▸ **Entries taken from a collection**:

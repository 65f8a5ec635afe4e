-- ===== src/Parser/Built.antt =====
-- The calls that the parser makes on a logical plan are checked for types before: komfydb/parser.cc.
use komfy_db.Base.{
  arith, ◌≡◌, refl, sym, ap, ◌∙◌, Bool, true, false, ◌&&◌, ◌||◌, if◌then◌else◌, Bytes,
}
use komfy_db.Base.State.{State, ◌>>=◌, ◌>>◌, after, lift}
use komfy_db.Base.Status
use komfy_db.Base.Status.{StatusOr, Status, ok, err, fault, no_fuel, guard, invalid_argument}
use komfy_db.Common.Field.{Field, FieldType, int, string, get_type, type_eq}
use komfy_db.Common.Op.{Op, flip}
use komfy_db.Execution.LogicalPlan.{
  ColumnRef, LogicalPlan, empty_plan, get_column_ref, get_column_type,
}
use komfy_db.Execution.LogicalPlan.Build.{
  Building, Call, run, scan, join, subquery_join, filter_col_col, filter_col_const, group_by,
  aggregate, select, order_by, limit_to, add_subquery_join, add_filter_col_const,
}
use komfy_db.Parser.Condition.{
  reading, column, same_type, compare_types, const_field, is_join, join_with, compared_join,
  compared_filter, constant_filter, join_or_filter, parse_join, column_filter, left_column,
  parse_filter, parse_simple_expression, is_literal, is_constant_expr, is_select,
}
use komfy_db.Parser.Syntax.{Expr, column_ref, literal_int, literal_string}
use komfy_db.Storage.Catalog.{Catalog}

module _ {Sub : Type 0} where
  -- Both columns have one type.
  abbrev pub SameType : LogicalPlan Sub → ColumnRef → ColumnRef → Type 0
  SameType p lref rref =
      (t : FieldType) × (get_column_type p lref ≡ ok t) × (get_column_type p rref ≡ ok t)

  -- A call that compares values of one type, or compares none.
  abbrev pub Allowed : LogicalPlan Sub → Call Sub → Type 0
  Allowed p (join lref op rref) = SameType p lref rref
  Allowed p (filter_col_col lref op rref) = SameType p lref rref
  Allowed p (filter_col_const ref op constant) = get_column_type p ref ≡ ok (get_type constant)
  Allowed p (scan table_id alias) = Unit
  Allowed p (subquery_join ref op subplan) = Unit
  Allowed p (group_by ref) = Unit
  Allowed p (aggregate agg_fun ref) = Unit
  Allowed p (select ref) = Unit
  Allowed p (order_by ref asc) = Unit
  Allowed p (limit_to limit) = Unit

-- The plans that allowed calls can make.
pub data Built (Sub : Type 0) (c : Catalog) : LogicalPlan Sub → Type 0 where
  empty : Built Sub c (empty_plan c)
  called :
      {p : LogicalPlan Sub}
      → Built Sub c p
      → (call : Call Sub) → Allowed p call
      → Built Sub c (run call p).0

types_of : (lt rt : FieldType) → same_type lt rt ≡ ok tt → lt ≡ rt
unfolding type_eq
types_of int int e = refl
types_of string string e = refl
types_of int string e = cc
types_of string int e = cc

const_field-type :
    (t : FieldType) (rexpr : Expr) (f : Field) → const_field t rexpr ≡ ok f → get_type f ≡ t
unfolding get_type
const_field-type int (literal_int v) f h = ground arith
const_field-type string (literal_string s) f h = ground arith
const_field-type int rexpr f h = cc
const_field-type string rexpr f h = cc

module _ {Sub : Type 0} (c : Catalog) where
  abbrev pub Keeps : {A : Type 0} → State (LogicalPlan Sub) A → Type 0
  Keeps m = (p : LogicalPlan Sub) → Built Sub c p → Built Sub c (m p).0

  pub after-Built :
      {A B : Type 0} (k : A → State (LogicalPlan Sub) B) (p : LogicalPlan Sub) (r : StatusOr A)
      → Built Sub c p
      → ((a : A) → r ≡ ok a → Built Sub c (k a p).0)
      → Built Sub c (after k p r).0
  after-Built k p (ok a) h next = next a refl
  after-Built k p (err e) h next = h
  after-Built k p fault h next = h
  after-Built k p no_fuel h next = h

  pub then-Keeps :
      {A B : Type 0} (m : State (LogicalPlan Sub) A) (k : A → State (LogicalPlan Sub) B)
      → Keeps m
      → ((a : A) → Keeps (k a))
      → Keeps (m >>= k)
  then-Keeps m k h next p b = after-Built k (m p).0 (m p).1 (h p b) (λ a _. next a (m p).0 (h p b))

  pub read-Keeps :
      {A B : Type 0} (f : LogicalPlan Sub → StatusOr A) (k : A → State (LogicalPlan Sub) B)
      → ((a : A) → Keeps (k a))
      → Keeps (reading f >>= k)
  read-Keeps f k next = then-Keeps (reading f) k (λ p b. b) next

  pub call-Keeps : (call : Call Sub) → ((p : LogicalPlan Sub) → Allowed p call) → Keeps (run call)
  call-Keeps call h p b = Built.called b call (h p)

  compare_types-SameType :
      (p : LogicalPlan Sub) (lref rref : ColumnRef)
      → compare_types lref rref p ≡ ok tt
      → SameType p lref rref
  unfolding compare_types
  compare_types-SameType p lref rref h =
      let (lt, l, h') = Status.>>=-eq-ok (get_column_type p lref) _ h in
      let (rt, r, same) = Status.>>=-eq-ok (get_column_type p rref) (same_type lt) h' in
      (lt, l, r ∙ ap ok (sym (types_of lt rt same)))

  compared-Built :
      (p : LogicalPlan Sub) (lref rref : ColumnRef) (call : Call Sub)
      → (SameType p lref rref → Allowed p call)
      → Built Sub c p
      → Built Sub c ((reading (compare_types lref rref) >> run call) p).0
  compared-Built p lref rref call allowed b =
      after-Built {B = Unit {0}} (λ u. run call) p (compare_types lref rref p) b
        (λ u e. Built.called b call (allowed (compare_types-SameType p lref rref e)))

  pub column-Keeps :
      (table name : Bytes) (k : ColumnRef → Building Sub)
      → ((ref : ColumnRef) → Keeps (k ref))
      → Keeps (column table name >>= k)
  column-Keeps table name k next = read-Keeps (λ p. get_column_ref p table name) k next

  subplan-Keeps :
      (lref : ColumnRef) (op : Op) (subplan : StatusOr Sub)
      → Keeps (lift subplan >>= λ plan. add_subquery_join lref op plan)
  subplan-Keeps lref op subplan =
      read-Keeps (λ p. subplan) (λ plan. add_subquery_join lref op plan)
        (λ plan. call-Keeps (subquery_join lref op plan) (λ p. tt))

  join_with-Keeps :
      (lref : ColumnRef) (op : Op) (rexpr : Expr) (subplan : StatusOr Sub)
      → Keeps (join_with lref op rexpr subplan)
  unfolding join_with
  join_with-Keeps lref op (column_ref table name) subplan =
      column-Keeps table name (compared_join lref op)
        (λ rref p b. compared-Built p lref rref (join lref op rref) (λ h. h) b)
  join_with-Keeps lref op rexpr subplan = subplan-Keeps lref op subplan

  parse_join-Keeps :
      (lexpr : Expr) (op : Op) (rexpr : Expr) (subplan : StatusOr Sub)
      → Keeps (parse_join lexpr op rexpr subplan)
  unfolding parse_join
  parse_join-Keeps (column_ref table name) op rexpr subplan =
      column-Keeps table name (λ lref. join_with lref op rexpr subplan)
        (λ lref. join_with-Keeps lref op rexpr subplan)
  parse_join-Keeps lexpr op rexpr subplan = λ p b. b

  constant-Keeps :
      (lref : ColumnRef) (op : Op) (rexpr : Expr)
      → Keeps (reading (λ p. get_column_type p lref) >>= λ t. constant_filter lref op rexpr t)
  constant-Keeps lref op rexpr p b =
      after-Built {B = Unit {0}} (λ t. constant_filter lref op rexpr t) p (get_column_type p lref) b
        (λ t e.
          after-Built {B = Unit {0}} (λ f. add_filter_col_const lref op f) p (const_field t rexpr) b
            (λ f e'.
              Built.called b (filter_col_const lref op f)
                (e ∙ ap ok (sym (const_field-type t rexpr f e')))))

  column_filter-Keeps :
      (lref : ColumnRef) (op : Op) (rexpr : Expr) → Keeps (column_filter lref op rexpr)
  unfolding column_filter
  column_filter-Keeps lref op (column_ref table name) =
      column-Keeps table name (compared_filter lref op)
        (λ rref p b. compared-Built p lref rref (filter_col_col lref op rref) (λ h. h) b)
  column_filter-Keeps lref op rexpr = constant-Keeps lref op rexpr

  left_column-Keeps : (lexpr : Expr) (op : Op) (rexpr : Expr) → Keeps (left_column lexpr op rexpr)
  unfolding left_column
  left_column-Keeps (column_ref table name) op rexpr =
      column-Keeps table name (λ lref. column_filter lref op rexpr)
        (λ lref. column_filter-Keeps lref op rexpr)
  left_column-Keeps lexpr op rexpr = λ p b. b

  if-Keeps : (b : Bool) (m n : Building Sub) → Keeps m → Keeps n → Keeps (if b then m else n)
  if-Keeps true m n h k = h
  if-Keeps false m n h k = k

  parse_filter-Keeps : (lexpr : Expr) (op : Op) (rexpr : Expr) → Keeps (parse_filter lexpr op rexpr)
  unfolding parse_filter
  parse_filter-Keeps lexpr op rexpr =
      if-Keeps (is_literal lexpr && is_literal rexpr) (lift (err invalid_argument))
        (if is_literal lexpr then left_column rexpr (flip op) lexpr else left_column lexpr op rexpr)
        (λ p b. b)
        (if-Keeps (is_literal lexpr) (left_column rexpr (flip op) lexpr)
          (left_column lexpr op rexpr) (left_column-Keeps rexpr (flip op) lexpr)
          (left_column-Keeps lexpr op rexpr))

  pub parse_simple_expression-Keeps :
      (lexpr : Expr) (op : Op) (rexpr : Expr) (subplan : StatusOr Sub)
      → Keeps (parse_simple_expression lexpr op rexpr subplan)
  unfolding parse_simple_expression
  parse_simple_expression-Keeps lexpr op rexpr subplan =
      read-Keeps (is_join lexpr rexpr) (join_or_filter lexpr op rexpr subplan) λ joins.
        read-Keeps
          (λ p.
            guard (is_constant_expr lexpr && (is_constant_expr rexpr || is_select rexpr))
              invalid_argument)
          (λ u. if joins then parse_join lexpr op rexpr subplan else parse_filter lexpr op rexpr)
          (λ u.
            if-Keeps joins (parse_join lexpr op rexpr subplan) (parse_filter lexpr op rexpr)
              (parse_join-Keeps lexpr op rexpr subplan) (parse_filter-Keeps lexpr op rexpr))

▸ **Your assignment**:
Each line in the entries above, starting at the line with "(after k p r).0" and ending at the line with "Keeps (m >>= k)", is to be printed exactly, and only those lines.

▸ **Solution**:
      → Built Sub c (after k p r).0
  after-Built k p (ok a) h next = next a refl
  after-Built k p (err e) h next = h
  after-Built k p fault h next = h
  after-Built k p no_fuel h next = h

  pub then-Keeps :
      {A B : Type 0} (m : State (LogicalPlan Sub) A) (k : A → State (LogicalPlan Sub) B)
      → Keeps m
      → ((a : A) → Keeps (k a))
      → Keeps (m >>= k)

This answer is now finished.